Lorry laughed at his apparent fervor, but was glad that he had confided in his energetic countryman. Two heads were better than one, and he was forced to admit to himself that he rather liked the idea of company in the undertaking. Not that he expected to encounter any particular difficulty, but that he saw a strange loneliness ahead. Therefore he welcomed his friend's avowed intention to accompany him to Edelweiss as a relief instead of an annoyance. Until late in the night they discussed the coming trip, Anguish finally startling him with a question, just as he was stretching himself preparatory to the walk to his hotel.
“What are you going to do with her after you find her, Gren, old man?”
Grenfall's brow puckered and he brought himself up with a jerk, puzzled uncertainty expressing itself in his posture as well as in his face.
“I'll think about that after I have found her,” he replied.
“Think you'll marry her?” persisted the other.
“How do I know?” exclaimed the woman hunter, savagely.
“Oh, of course you don't know—how could you?” apologized Anguish. “Maybe she won't have you—maybe she is married—all sorts of contingencies, you know.
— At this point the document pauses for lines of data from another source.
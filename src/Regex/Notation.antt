-- ===== src/Regex/Notation.antt =====
-- The pieces from which the patterns of the source are put together.
use socket_scan_patterns.Prelude.{ℕ, zero, suc, Bool, true, not, ◌||◌, [], ◌∷◌, ◌==◌}
use socket_scan_patterns.Regex.{Rx, empty, unit, seq, alt, star}
use socket_scan_patterns.Text.{Text, is_space}

infixr 60 ◌⨟◌
infixr 55 ◌⊕◌
-- juxtaposition, and `|`
abbrev pub ◌⨟◌ : Rx → Rx → Rx
r ⨟ s = seq r s

abbrev pub ◌⊕◌ : Rx → Rx → Rx
r ⊕ s = alt r s

-- the code units of a text, one after the other
abbrev pub word : Text → Rx
word [] = empty
word (c ∷ cs) = seq (unit (λ d. c == d)) (word cs)

-- `\s*`
abbrev pub spaces : Rx
spaces = star (unit is_space)

-- `[\s\S]`
abbrev pub any : Rx
any = unit (λ c. true)

-- `r+`, `r?`
abbrev pub plus : Rx → Rx
plus r = seq r (star r)

abbrev pub maybe : Rx → Rx
maybe r = alt r empty

abbrev pub is_line_break : ℕ → Bool
is_line_break c = c == 10 || c == 13 || c == 0x2028 || c == 0x2029

-- `(?:[^Q\\]|\\.)*`, the body of a literal in quotes Q
abbrev pub quoted_body : ℕ → Rx
quoted_body quote = star (
    unit (λ c. not (c == quote || c == b'\\'))
    ⊕ (unit (λ c. c == b'\\') ⨟ unit (λ c. not (is_line_break c))))

-- `r{n}` and `r{0,n}`
abbrev pub times : ℕ → Rx → Rx
times zero r = empty
times (suc n) r = r ⨟ times n r

abbrev pub at_most : ℕ → Rx → Rx
at_most zero r = empty
at_most (suc n) r = maybe (r ⨟ at_most n r)
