-- ===== src/AgentShield/Fields.antt =====
-- Reading the declared headers of a rule module by a pattern.
use socket_scan_patterns.Prelude.{ℕ, false, not, ◌&&◌, List, [], ◌∷◌, ◌==◌, if◌then◌else◌, map}
use socket_scan_patterns.Regex.Notation.{◌⨟◌, word, spaces, plus, maybe, quoted_body}
use socket_scan_patterns.Regex.{Rx, Match, unit, star, capture, line_start, all_matches, group_text}
use socket_scan_patterns.Text.{Text, codes, collapse_from, trim}

-- `AgentShieldRuleMeta`
pub record AgentShieldRuleMeta : Type 0 where
  pub category : Text
  pub description : Text
  pub id : Text
  pub name : Text
  pub severity : Text

-- `[^"]+`
abbrev unquoted : Rx
unquoted = plus (unit (λ c. not (c == b'"')))

-- KEY: "CAPTURE n", at four spaces
abbrev field : Text → ℕ → Rx → Rx
field key n body =
    word (codes "    ") ⨟ word key ⨟ word (codes ": \"") ⨟ capture n body ⨟ word (codes "\",")

abbrev newline : Rx
newline = word (codes "\n")

-- the five lines of a header, at exactly four spaces
abbrev header : Rx
header =
    line_start
    ⨟ field (codes "id") 1 unquoted
    ⨟ newline
    ⨟ field (codes "name") 2 (quoted_body b'"')
    ⨟ newline
    ⨟ word (codes "    description:")
    ⨟ spaces
    ⨟ maybe newline
    ⨟ star (unit (λ c. c == b' '))
    ⨟ word (codes "\"")
    ⨟ capture 3 (quoted_body b'"')
    ⨟ word (codes "\",")
    ⨟ newline
    ⨟ field (codes "severity") 4 unquoted
    ⨟ newline
    ⨟ field (codes "category") 5 unquoted

-- `.replace(/\\C/g, D)` for code units C and D
unfoldable pub replace_escape : ℕ → ℕ → Text → Text
replace_escape c d [] = []
replace_escape c d (a ∷ []) = a ∷ []
replace_escape c d (a ∷ b ∷ s) =
    let after = replace_escape c d s in
    let rest = replace_escape c d (b ∷ s) in if a == b'\\' && b == c then d ∷ after else a ∷ rest

-- `unescapeDoubleQuoted`
unfoldable pub unescape_double_quoted : Text → Text
unfolding replace_escape collapse_from
unescape_double_quoted raw = trim (
    collapse_from false
      (replace_escape b'\\' b'\\' (replace_escape b'"' b'"' (replace_escape b'n' b' ' raw))))

abbrev meta_of : Match → AgentShieldRuleMeta
meta_of m = record {
  category = group_text 5 m;
  description = unescape_double_quoted (group_text 3 m);
  id = group_text 1 m;
  name = unescape_double_quoted (group_text 2 m);
  severity = group_text 4 m;
}

-- `parseAgentShieldRules`
unfoldable pub parse_agent_shield_rules : Text → List AgentShieldRuleMeta
unfolding all_matches
parse_agent_shield_rules source = map meta_of (all_matches header source)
But, if you'll pardon my inquisitiveness, I'd like to ask why you are making this wild goose chase half around the world? just to have another look at her?”
“You asked me if I thought—” Here he stopped.
“I take it for granted, then, that you'd like to. Well, I'm glad that I've got something definite on which to base operations. The one object of our endeavors, from now on, is to exchange Guggenslocker for Lorry—certainly no robbery. A charity, I should say. Good-night! See you in the morning.”
The next morning the two friends took a cab to several railway stations and inquired about Graustark and Edelweiss.
“She was stringing you, old man,” said Anguish, after they had turned away from the third station. He spoke commiseratingly, as he really felt sorry.
“No!” exclaimed Lorry. “She told me the truth. There is a Graustark and she lives there. I'll stake my life on those eyes of hers.”
“Are you sure she said it was in Europe?” asked Harry, looking up and down the street as if he would not have been surprised to see her in Paris. In his heart he believed that she and her precious relatives had deceived old Gren. Perhaps their home was in Paris, and nowhere else. But for Lorry's positiveness he would have laughed heartily at the other's simple credulity, or branded him a dolt, the victim of some merry actress's whim. Still, he was forced to admit, he was not in a position to see matters as they appeared, and was charitable enough to bide his time and to humor the faith that was leading them from place to place in the effort to find a land that they knew nothing about. Lorry seemed so sure, so positive, that he was loath to see his dream dispelled, his ideal shattered. There was certainly no Graustark; neither had the Guggenslockers sailed on the Wilhelm, all apparent evidence to the contrary notwithstanding. Lorry had been in a delirium and had imagined he saw her on the ship. If there, why was not her name in the list? But that problem tortured the sanguine searcher himself.
At last, in despair, after a fruitless search of two days, Lorry was willing to submit. With the perverseness common to half-defeated fighters, Anguish at once protested, forgetting that he had sought to dissuade his friend the day before.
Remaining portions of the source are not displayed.